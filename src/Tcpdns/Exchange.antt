-- ===== src/Tcpdns/Exchange.antt =====
-- A query and its answer through src/tcpdns.c, however the connection cuts them into pieces.
use nsproxy.Common.{
  ℕ, zero, suc, ◌+◌, ◌-◌, ◌≤◌, ◌<◌, ◌≡◌, refl, sym, ap, ◌∙◌, inl, inr, Bool, true, false, Option,
  none, some, List, [], ◌∷◌, ◌++◌, append-nil, append_assoc, arith, ltb, leb, ◌==◌, if◌then◌else◌,
  ltb→lt, lt→ltb, Bool-cases, ltb-false, ==_false, length, take, drop, All, length-append,
  length-drop, take-append-drop, take_all,
}
use nsproxy.Rules.Conf.{NspConf, ProxyType}
use nsproxy.Skutils.{count, errno, bytes, failure, eagain, epollin, epollout, Mode, evupd}
use nsproxy.Tcpdns.{
  TcpdnsWorker, buffer_size, WorkerTurn, WorkerCalls, u16_at_front, is_complete, worker_received,
  worker_input, worker_sent, worker_output, tcpdns_worker_handle_event, with_length, tcpdns_send,
  tcpdns_recv, first_done, without_first_done,
}
use nsproxy.Tcpdns.Worker.{u16-with_length}
use nsproxy.Tcpdns.Done.{le→leb, cut_at}

abbrev pub concat : List (List ℕ) → List ℕ
concat [] = []
concat (s ∷ ss) = s ++ concat ss

abbrev pub sum : List ℕ → ℕ
sum [] = 0
sum (n ∷ ns) = n + sum ns

-- What EPOLLOUT does while the connection takes so many bytes each time: the bytes put out, and the
-- worker and the masks afterwards.
pub record Sending : Type 0 where
  pub out : List ℕ
  pub masks : List (ℕ × Mode)
  pub worker : Option TcpdnsWorker

abbrev pub sends_calls : ℕ → WorkerCalls
sends_calls n = record { recv = λ room. failure eagain; send = λ s. count n; notice = true }

abbrev pub and_then : WorkerTurn → (TcpdnsWorker → Sending) → Sending
and_then t rest = elim t.worker as (λ _. Sending) [
  | none ↦ record { out = t.out; masks = t.masks; worker = none }
  | some w ↦ record {
    out = t.out ++ (rest w).out;
    masks = t.masks ++ (rest w).masks;
    worker = (rest w).worker;
  }
]

abbrev pub put_out : List ℕ → TcpdnsWorker → Sending
put_out [] w = record { out = []; masks = []; worker = some w }
put_out (n ∷ ns) w = and_then (tcpdns_worker_handle_event (sends_calls n) epollout w) (put_out ns)

-- What EPOLLIN does while the connection gives these pieces; once done, it is closed.
abbrev pub gives_calls : List ℕ → WorkerCalls
gives_calls s = record { recv = λ room. bytes s; send = λ t. errno eagain; notice = true }

abbrev pub or_gone :
    Option TcpdnsWorker → (TcpdnsWorker → Option TcpdnsWorker) → Option TcpdnsWorker
or_gone none rest = none
or_gone (some w) rest = rest w

abbrev pub pieces_in : List (List ℕ) → TcpdnsWorker → Option TcpdnsWorker
pieces_in [] w = some w
pieces_in (s ∷ ss) w =
    let after =
      or_gone (tcpdns_worker_handle_event (gives_calls s) epollin w).worker (pieces_in ss) in
    if w.done then some w else after

abbrev pub busy_with : List ℕ → TcpdnsWorker
busy_with s = record { proxy = true; buffer = s; done = false }

abbrev pub done_with : List ℕ → TcpdnsWorker
done_with s = record { proxy = false; buffer = s; done = true }

put_one :
    (n : ℕ) (s : List ℕ)
    → 0 < n
    → tcpdns_worker_handle_event (sends_calls n) epollout (busy_with s)
      ≡ worker_sent n (busy_with s)
unfolding tcpdns_worker_handle_event worker_output
put_one n s h =
    let positive : (n == 0) ≡ false = ==_false n 0 (λ z. omega (arith, z, h)) in rw positive refl

take_piece :
    (c s : List ℕ)
    → 0 < length c
    → tcpdns_worker_handle_event (gives_calls c) epollin (busy_with s)
      ≡ worker_received true (busy_with (s ++ c))
unfolding tcpdns_worker_handle_event worker_input
take_piece (b ∷ c) s h = refl
take_piece [] s h = absurd (omega (arith, h))

u16-append : (s t : List ℕ) → 2 ≤ length s → u16_at_front (s ++ t) ≡ u16_at_front s
u16-append (b ∷ c ∷ s) t h = refl
u16-append (b ∷ []) t h = absurd (omega (arith, h))
u16-append [] t h = absurd (omega (arith, h))

-- A message with its length is complete, and no part of it before the end is.
module _ (answer : List ℕ) (some_byte : 0 < length answer)
    (fits : length answer + 2 ≤ buffer_size) where
  whole-is_complete : is_complete (with_length answer) ≡ true
  whole-is_complete =
      let u = u16-with_length answer (omega (arith, fits)) in
      let size = length (with_length answer) in
      let long : ltb 2 size ≡ true = lt→ltb 2 size (omega (arith, some_byte)) in
      let all : ltb size (u16_at_front (with_length answer) + 2) ≡ false =
        ltb-false size _ (omega (arith, u)) in
      rw (long, all) refl

  part-is_complete :
      (s t : List ℕ) → s ++ t ≡ with_length answer → 0 < length t → is_complete s ≡ false
  part-is_complete s t e h = elim (Bool-cases (ltb 2 (length s))) [
    | inl long ↦
        (let u = sym (u16-append s t (omega (arith, ltb→lt _ _ long))) ∙ ap u16_at_front e in
          let size = ap length e in
          let less : ltb (length s) (u16_at_front s + 2) ≡ true =
            lt→ltb (length s) (u16_at_front s + 2) (
              omega (
                arith,
                u,
                size,
                h,
                length-append s t,
                u16-with_length answer (omega (arith, fits)),
              )) in
          rw (long, less) refl)
    | inr short ↦ rw short refl
  ]

  taken_in :
      (c : List ℕ) (cs : List (List ℕ)) (s : List ℕ)
      → All (λ c. 0 < length c) (c ∷ cs)
      → s ++ concat (c ∷ cs) ≡ with_length answer
      → pieces_in (c ∷ cs) (busy_with s) ≡ some (done_with (with_length answer))
  unfolding worker_received
  taken_in c [] s (h, hs) e =
      let all : s ++ c ≡ with_length answer = sym (ap (λ t. s ++ t) (append-nil c)) ∙ e in
      rw (take_piece c s h, all, whole-is_complete) refl
  taken_in c (d ∷ cs) s (h, hs) e =
      let split : (s ++ c) ++ concat (d ∷ cs) ≡ with_length answer =
        append_assoc s c (concat (d ∷ cs)) ∙ e in
      let more : 0 < length (concat (d ∷ cs)) = omega (arith, hs.0, length-append d (concat cs)) in
      let part = part-is_complete (s ++ c) (concat (d ∷ cs)) split more in
      rw (take_piece c s h, part) (taken_in d cs (s ++ c) hs split)

drop_all : (n : ℕ) (s : List ℕ) → length s ≤ n → drop n s ≡ []
drop_all zero [] h = refl
drop_all zero (b ∷ s) h = absurd (omega arith)
drop_all (suc n) [] h = refl
drop_all (suc n) (b ∷ s) h = drop_all n s (omega arith)

-- Whatever pieces the connection takes, the bytes go out once and in order, and EPOLLIN is asked for,
-- alone, when the last has gone.
put_out_lem :
    (n : ℕ) (ns : List ℕ) (s : List ℕ)
    → All (λ n. 0 < n) (n ∷ ns)
    → sum (n ∷ ns) ≡ length s
    → put_out (n ∷ ns) (busy_with s)
      ≡ record { out = s; masks = (epollin, evupd) ∷ []; worker = some (busy_with []) }
put_out_lem n [] s (h, _) e =
    let all = drop_all n s (omega (arith, e)) in
    let taken = take_all n s (omega (arith, e)) in rw (put_one n s h, all, taken, append-nil s) refl
put_out_lem n (m ∷ ns) s (h, hs) e =
    let left : length (drop n s) ≡ length s - n = length-drop n s in
    let some_left : (length (drop n s) == 0) ≡ false =
      ==_false _ 0 (λ z. omega (arith, z, left, e, hs.0)) in
    let rest = put_out_lem m ns (drop n s) hs (omega (arith, left, e)) in
    rw (put_one n s h, rest, some_left, take-append-drop n s) refl

-- A query and an answer that fit, with two bytes of length, in the 4096 bytes of a buffer; the
-- connection is made, and each call takes or gives a byte at least. The query goes into a worker of
-- its own. However the connection cuts them: the query goes out once, in order, behind its length, and
-- then EPOLLIN alone is asked for; when the last piece of an answer of a byte or more has come, and not
-- before, the worker is done, and tcpdns_recv(), once the eventfd counts it, gives exactly the answer,
-- cut to the room there is, and the other workers stay.
pub tcpdns_exchange :
    (conf : NspConf) (made : ProxyType → List ℕ → ℕ → Bool) (query answer : List ℕ)
    (others : List TcpdnsWorker) (n : ℕ) (ns : List ℕ) (piece : List ℕ) (pieces : List (List ℕ))
    (size : ℕ)
    → length query + 2 ≤ buffer_size
    → made conf.proxytype conf.dnssrv conf.dnsport ≡ true
    → All (λ n. 0 < n) (n ∷ ns)
    → sum (n ∷ ns) ≡ length query + 2
    → 0 < length answer
    → length answer + 2 ≤ buffer_size
    → All (λ s. 0 < length s) (piece ∷ pieces)
    → concat (piece ∷ pieces) ≡ with_length answer
    → let asked = busy_with (with_length query) in
      let over = done_with (with_length answer) in
      (tcpdns_send conf made query others
        ≡ record { workers = asked ∷ others; ret = count (length query) })
      × (put_out (n ∷ ns) asked ≡ record {
        out = with_length query;
        masks = (epollin, evupd) ∷ [];
        worker = some (busy_with []);
      })
      × (pieces_in (piece ∷ pieces) (busy_with []) ≡ some over)
      × (tcpdns_recv (count 1) size (over ∷ others)
          ≡ record { workers = others; ret = bytes (take size answer); assert_ok = true })
unfolding tcpdns_send tcpdns_recv first_done without_first_done
tcpdns_exchange conf made query answer others n ns piece pieces size fits up positive total
      some_byte room pieces_some whole =
    let small : ltb buffer_size (length query + 2) ≡ false = ltb-false buffer_size _ (fits) in
    let ok : leb 2 (length (with_length answer)) ≡ true = le→leb 2 _ (omega arith) in
    (
      rw (small, up) refl,
      put_out_lem n ns (with_length query) positive (omega (arith, total)),
      taken_in answer some_byte room piece pieces [] pieces_some whole,
      rw (ok, cut_at (with_length answer) size) refl,
    )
═══
TASK PROMPT =>
List all lines from the entries that include the word "failure".

EXPECTED ANSWER =>
use nsproxy.Skutils.{count, errno, bytes, failure, eagain, epollin, epollout, Mode, evupd}
sends_calls n = record { recv = λ room. failure eagain; send = λ s. count n; notice = true }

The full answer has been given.